Suffrage a la Lady Gaga

Feminist Law Professors just posted an awesome video made by the folks at Soomo Publishing. It's an ode to woman suffrage, Lady Gaga-style! Enjoy:



By the way, regarding the fact that all the performers in the video are white: the prevailing response (on FLP and in the Youtube comments section which, as we all know, is a bastion of truth and righteousness) is that woman suffrage was a largely white, middle-class movement and, hence, the video is historically accurate. But...I think that's a little bit of a cop out.

Yes, the suffrage movement was incredibly problematic in terms of race. Some suffragists believed, for example, that the 15th amendment--which gave black men and male naturalized citizens the right to vote--was an insult to women because it allowed men of lower standing (read: non-white, working class, less educated, etc.) to have power over white, educated, upper-middle class women, thereby degrading and corrupting the political system which (white, upper-middle class) women would be better able to keep pure. And suffrage organizations like the NAWSA (National American Woman Suffrage Association) barred black women from membership.

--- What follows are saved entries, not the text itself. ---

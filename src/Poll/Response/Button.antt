-- ===== src/Poll/Response/Button.antt =====
-- bjnp/src/poll/response.rs: `Interrupt` and `RawInterrupt`.
use scanner_button.Prelude.{ℕ, Option, none, some, List, ◌∷◌, ◌++◌, take, drop, get_or, replicate}
use scanner_button.Prelude.{◌==◌, if◌then◌else◌}
use scanner_button.Rust.Outcome.{Outcome, ok, ◌>>=◌, map_ok}
use scanner_button.Serdes.Error.{FormatError}
use scanner_button.Serdes.Field.{Field, try_from_u8}
use scanner_button.Serdes.Traits.{Serialize, SizedDeserialize, Deserialize, sized_deserialize}
use scanner_button.Serdes.Raw.{Layout, raw_serialize, raw_deserialize}
use scanner_button.Poll.Response.Types.{ColorMode, Size, Format, Dpi, Source, FeederType}
use scanner_button.Poll.Response.Types.{
  FeederOrientation, color_mode_field, size_field, format_field,
}
use scanner_button.Poll.Response.Types.{dpi_field, source_field, feeder_type_field}
use scanner_button.Poll.Response.Types.{feeder_orientation_field}

pub record Interrupt : Type 0 where
  pub color_mode : ColorMode
  pub size : Size
  pub format : Format
  pub dpi : Dpi
  pub source : Source
  pub feeder_type : Option FeederType
  pub feeder_orientation : Option FeederOrientation

pub record RawInterrupt : Type 0 where
  pub unk_1 : List ℕ
  pub color_mode : ℕ
  pub source : ℕ
  pub feeder_type : ℕ
  pub size : ℕ
  pub format : ℕ
  pub dpi : ℕ
  pub unk_4 : List ℕ
  pub feeder_orientation : ℕ
  pub unk_5 : List ℕ

abbrev pub raw_interrupt_bytes : RawInterrupt → List ℕ
raw_interrupt_bytes r =
    r.unk_1
    ++ (r.color_mode
        ∷ r.source
        ∷ r.feeder_type
        ∷ r.size
        ∷ r.format
        ∷ r.dpi
        ∷ (r.unk_4 ++ (r.feeder_orientation ∷ r.unk_5)))

abbrev pub raw_interrupt_view : List ℕ → RawInterrupt
raw_interrupt_view buffer = record {
  unk_1 = take 7 buffer;
  color_mode = get_or buffer 7 0;
  source = get_or buffer 8 0;
  feeder_type = get_or buffer 9 0;
  size = get_or buffer 10 0;
  format = get_or buffer 11 0;
  dpi = get_or buffer 12 0;
  unk_4 = take 3 (drop 13 buffer);
  feeder_orientation = get_or buffer 16 0;
  unk_5 = take 3 (drop 17 buffer);
}

abbrev pub raw_interrupt : Layout RawInterrupt
raw_interrupt = record { size_of = 20; bytes = raw_interrupt_bytes; view = raw_interrupt_view }

-- `.map(|v| v as u8).unwrap_or(0)`
abbrev pub option_value : {A : Type 0} → Field A → Option A → ℕ
option_value f none = 0
option_value f (some a) = f.as_repr a

-- `if value != 0 { Some(value.try_into()?) } else { None }`
unfoldable pub option_try_from : {A : Type 0} → Field A → ℕ → Outcome (Option A) FormatError
option_try_from f value = if value == 0 then ok none else map_ok some (try_from_u8 f value)

-- `From<&Interrupt> for RawInterrupt`
unfoldable pub to_raw_interrupt : Interrupt → RawInterrupt
to_raw_interrupt interrupt = record {
  unk_1 = replicate 7 0;
  color_mode = color_mode_field.as_repr interrupt.color_mode;
  source = source_field.as_repr interrupt.source;
  feeder_type = option_value feeder_type_field interrupt.feeder_type;
  size = size_field.as_repr interrupt.size;
  format = format_field.as_repr interrupt.format;
  dpi = dpi_field.as_repr interrupt.dpi;
  unk_4 = replicate 3 0;
  feeder_orientation = option_value feeder_orientation_field interrupt.feeder_orientation;
  unk_5 = replicate 3 0;
}

-- `TryFrom<&RawInterrupt> for Interrupt`: the first field that is not accepted decides the error.
unfoldable pub interrupt_try_from : RawInterrupt → Outcome Interrupt FormatError
interrupt_try_from raw = do
  feeder_type ← option_try_from feeder_type_field raw.feeder_type
  feeder_orientation ← option_try_from feeder_orientation_field raw.feeder_orientation
  color_mode ← try_from_u8 color_mode_field raw.color_mode
  source ← try_from_u8 source_field raw.source
  size ← try_from_u8 size_field raw.size
  format ← try_from_u8 format_field raw.format
  dpi ← try_from_u8 dpi_field raw.dpi
  ok (record {
    color_mode = color_mode;
    size = size;
    format = format;
    dpi = dpi;
    source = source;
    feeder_type = feeder_type;
    feeder_orientation = feeder_orientation;
  })

instance abbrev pub interrupt_serialize : Serialize Interrupt
interrupt_serialize = raw_serialize raw_interrupt to_raw_interrupt

abbrev pub interrupt_sized : SizedDeserialize Interrupt
interrupt_sized = raw_deserialize raw_interrupt interrupt_try_from

instance abbrev pub interrupt_deserialize : Deserialize Interrupt
interrupt_deserialize = sized_deserialize interrupt_sized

So, yeah, that's pretty problematic.*

However, there were a lot of suffragists who were women and men of color (many of the former abolitionists turned to the suffrage movement after the Civil War): Sojourner Truth, Mary Church Terrell, Ida B. Wells, W.E.B. Dubois, to name a few.

Despite what some suffragists (including "heroes" of the movement like Susan B. Anthony and Elizabeth Cady Stanton) would like us to think, the movement wasn't all white...why not at least acknowledge that in the video?

All that said...I do love this video.

* Professor Louise Michele Newman's written a fascinating book about race and the suffrage movement that discusses all this in much more detail: White Women's Rights: Racial Origins of Feminism in the United States (Oxford UP, 1999).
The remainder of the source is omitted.